From: Jason Gunthorpe <jgunthorpe-ePGOBjL8dl3ta4EC/59zMFaTQe2KTcn/@public.gmane.org>
To: Matan Barak <matanb-VPRAkNaXOzVWk0Htik3J/w@public.gmane.org>
Cc: Roland Dreier <roland-DgEjT+Ai2ygdnm+yROfE0A@public.gmane.org>,
Yishai Hadas <yishaih-VPRAkNaXOzVWk0Htik3J/w@public.gmane.org>,
linux-rdma-u79uwXL29TY76Z2rM5mHXA@public.gmane.org,
dledford-H+wXaHxf7aLQT0dZR+AlfA@public.gmane.org,
Or Gerlitz <ogerlitz-VPRAkNaXOzVWk0Htik3J/w@public.gmane.org>
Subject: Re: [PATCH libibverbs V5 2/2] Use neighbour lookup for RoCE UD QPs Eth L2 resolution
Date: Mon, 25 Aug 2014 12:33:25 -0600 [thread overview]
Message-ID: <20140825183325.GC1298@obsidianresearch.com> (raw)
In-Reply-To: <53F9EDCD.9060105-VPRAkNaXOzVWk0Htik3J/w@public.gmane.org>
On Sun, Aug 24, 2014 at 04:51:09PM +0300, Matan Barak wrote:
> Do you refer to flowinfo?
> If so, it isn't initialized, but should be.
> 0 should be good enough, so I'll memset the whole struct.
K
> >What does this comment refer to? MACs should never be parsed out of
> >IPv6 addresses.
>
> GID0 should always be valid, even if no IPv4 and IPv6 are configured.
> IPv6 link-local and multicast addresses should be parsed from the
> IPv6 address.
Might want to just clarify this is dealing with a GID, not a IPv6
address - they are not interchangable terms. I'm not sure how you are
getting a GID from a neigh though?
> >>+ timer_fd = timerfd_create(CLOCK_MONOTONIC, TFD_NONBLOCK | TFD_CLOEXEC);
> >>+ if (-1 == timer_fd) {
> >>+ print_err("Couldn't create timer\n");
> >>+ return timer_fd;
> >>+ }
> >
> >The use of timerfd will impact the minimum OS version, have you
> >checked this is OK? Does RHEL5 still work?

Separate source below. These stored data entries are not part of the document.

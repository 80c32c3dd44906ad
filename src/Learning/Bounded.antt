-- ===== src/Learning/Bounded.antt =====
-- aggregate.go: a candidate is hit once in a packet at most, and last seen in one that has come.
use enzo.Prelude.{
  ℕ, ◌+◌, ◌<◌, ◌≤◌, Bool-cases, inl, inr, Option-cases, none, List, [], ◌∷◌, arith, All, All-map,
  All-insert, All-erase, All-lookup, ◌==◌, if◌then◌else◌, lookup, insert, length, leb,
}
use enzo.State.Agreement.{SpanObservation}
use enzo.Learning.{
  CandidateStats, Stats, Range, Aggregator, key_of, hit, or_first, is_seen, observe_span,
  observe_spans, total_size, dictionary_max_bytes, partition_stats_by_age, find_lowest, evict_one,
  maybe_evict, observe_packet,
}

-- Behind `n` packets.
abbrev pub IsBounded : ℕ → Stats → Type 0
IsBounded n stats = All (λ p. (p.1.hits ≤ n) × (p.1.last_seen_epoch ≤ n)) stats

-- In the middle of the packet `n`, with the keys that it has shown.
abbrev WithSeen : ℕ → List ℕ → ℕ × CandidateStats → Type 0
WithSeen n seen p = (p.1.hits < n + (if is_seen p.0 seen then 1 else 0)) × (p.1.last_seen_epoch ≤ n)

WithSeen-first :
    (n : ℕ) (seen : List ℕ) (o : SpanObservation) (stats : Stats)
    → 0 < n
    → All (WithSeen n seen) stats
    → WithSeen n seen (key_of o, or_first n o (lookup (key_of o) stats))
WithSeen-first n seen o stats h all = elim (Option-cases (lookup (key_of o) stats)) [
  | inl absent ↦ rw absent (omega arith, omega arith)
  | inr (s, found) ↦ rw found (All-lookup (WithSeen n seen) (key_of o) stats all found)
]

WithSeen-more :
    (n k : ℕ) (seen : List ℕ) (p : ℕ × CandidateStats) → WithSeen n seen p → WithSeen n (k ∷ seen) p
WithSeen-more n k seen p h = (ground (arith, h.0), h.1)

observe_spans-WithSeen :
    (n : ℕ) (obs : List SpanObservation) (seen : List ℕ) (stats : Stats)
    → 0 < n
    → All (WithSeen n seen) stats
    → let st = observe_spans n obs (seen, stats) in All (WithSeen n st.0) st.1
unfolding observe_spans observe_span
observe_spans-WithSeen n [] seen stats h all = all
observe_spans-WithSeen n (o ∷ obs) seen stats h all =
    let s = or_first n o (lookup (key_of o) stats) in
    let first = WithSeen-first n seen o stats h all in
    elim (Bool-cases (is_seen (key_of o) seen)) [
      | inl again ↦
          rw (observe_spans, observe_span, again)
            (observe_spans-WithSeen n obs seen (insert (key_of o) s stats) h
              (All-insert (WithSeen n seen) (key_of o) s stats first all))
      | inr new ↦
          let seen' = key_of o ∷ seen in
          rw (observe_spans, observe_span, new)
            (observe_spans-WithSeen n obs seen' (insert (key_of o) (hit n s) stats) h (
              All-insert (WithSeen n seen') (key_of o) (hit n s) stats
                (ground (arith, first.0, new), omega arith)
                (All-map (WithSeen-more n (key_of o) seen) stats all)))
    ]

evict_one-All :
    (P : ℕ × CandidateStats → Type 0) (range : Range) (stats : Stats) (epoch : ℕ)
    → All P stats
    → All P (evict_one range stats epoch).1
unfolding evict_one
evict_one-All P range stats epoch h = elim (Bool-cases (length stats == 0)) [
  | inl no_stats ↦ rw (evict_one, no_stats) h
  | inr some_stats ↦
      let ev = (partition_stats_by_age (range 0 stats) epoch).evictable in
      elim (Bool-cases (length ev == 0)) [
        | inl all_young ↦ rw (evict_one, some_stats, all_young) h
        | inr some_old ↦ elim (Option-cases (find_lowest ev none (range 1 stats))) [
          | inl absent ↦ rw (evict_one, some_stats, some_old, absent) h
          | inr ((key, w), found) ↦
              rw (evict_one, some_stats, some_old, found) (All-erase P key stats h)
        ]
      ]
]

maybe_evict-All :
    (P : ℕ × CandidateStats → Type 0) (range : Range) (epoch : ℕ) (stats : Stats)
    → All P stats
    → All P (maybe_evict range epoch stats)
unfolding maybe_evict
maybe_evict-All P range epoch stats h =
    elim (Bool-cases (leb (total_size stats) dictionary_max_bytes)) [
      | inl fits ↦ rw (maybe_evict, fits) h
      | inr over ↦ rw (maybe_evict, over) (evict_one-All P range stats epoch h)
    ]

pub observe_packet-IsBounded :
    (range : Range) (n : ℕ) (obs : List SpanObservation) (a : Aggregator)
    → IsBounded n a.stats
    → IsBounded (n + 1) (observe_packet range (n + 1) obs a).stats
unfolding observe_packet
observe_packet-IsBounded range n obs a h =
    let before : All (WithSeen (n + 1) []) a.stats =
      All-map (λ p b. (omega (arith, b.0), omega (arith, b.1))) a.stats h in
    let behind = observe_spans-WithSeen (n + 1) obs [] a.stats (omega arith) before in
    maybe_evict-All _ range (n + 1) (observe_spans (n + 1) obs ([], a.stats)).1 (
      All-map (λ p b. (ground (arith, b.0), b.1)) (observe_spans (n + 1) obs ([], a.stats)).1
        behind)

pub IsBounded-next : (n : ℕ) (stats : Stats) → IsBounded n stats → IsBounded (n + 1) stats
IsBounded-next n stats h = All-map (λ p b. (omega (arith, b.0), omega (arith, b.1))) stats h
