-- ===== src/Learning/Counting.antt =====
-- The loop of `ObservePacket` in internal/dictionary/aggregate.go: what it counts.
use enzo.Prelude.{ℕ, ◌≡◌, ◌≢◌, true, Option, none, some, List, [], ◌∷◌, ◌==◌, if◌then◌else◌, lookup}
use enzo.State.Agreement.{SpanObservation}
use enzo.Learning.{CandidateStats, Stats, key_of, hit, or_first, is_seen}

-- The first observation with a key.
abbrev pub first_with : ℕ → List SpanObservation → Option SpanObservation
first_with key [] = none
first_with key (o ∷ obs) = if key_of o == key then some o else first_with key obs

-- What a packet makes of a candidate: one hit where any of its observations has the key, however
-- many have it, on the candidate there was, or on a new one with the size of the first observation.
abbrev pub counted : ℕ → Option SpanObservation → Option CandidateStats → Option CandidateStats
counted packet_id none s = s
counted packet_id (some o) s = some (hit packet_id (or_first packet_id o s))

-- A key that was seen in this packet has its candidate.
abbrev IsCounted : List ℕ → Stats → Type 0
IsCounted seen stats = (key : ℕ) → is_seen key seen ≡ true → lookup key stats ≢ none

> It was added in linux v2.6.25. I think that an API that's more than
> 6.5 years old is valid.
RHEL5 is using 2.6.18 as their base kernel. You should at least
consult with the OFED people to determine if this is a problem for
them.
>
> >>+ while (1) {
> >>+ FD_ZERO(&fdset);
> >>+ FD_SET(fd, &fdset);
> >>+ FD_SET(timer_fd, &fdset);
> >>+
> >>+ /* wait for an incoming message on the netlink socket */
> >>+ ret = select(nfds, &fdset, NULL, NULL, NULL);
> >
> >poll is a better choice here, it would also be fairly simple to remove
> >timerfd by using the timeout arg.
>
> The purpose is to have a timeout on the whole process and not per loop.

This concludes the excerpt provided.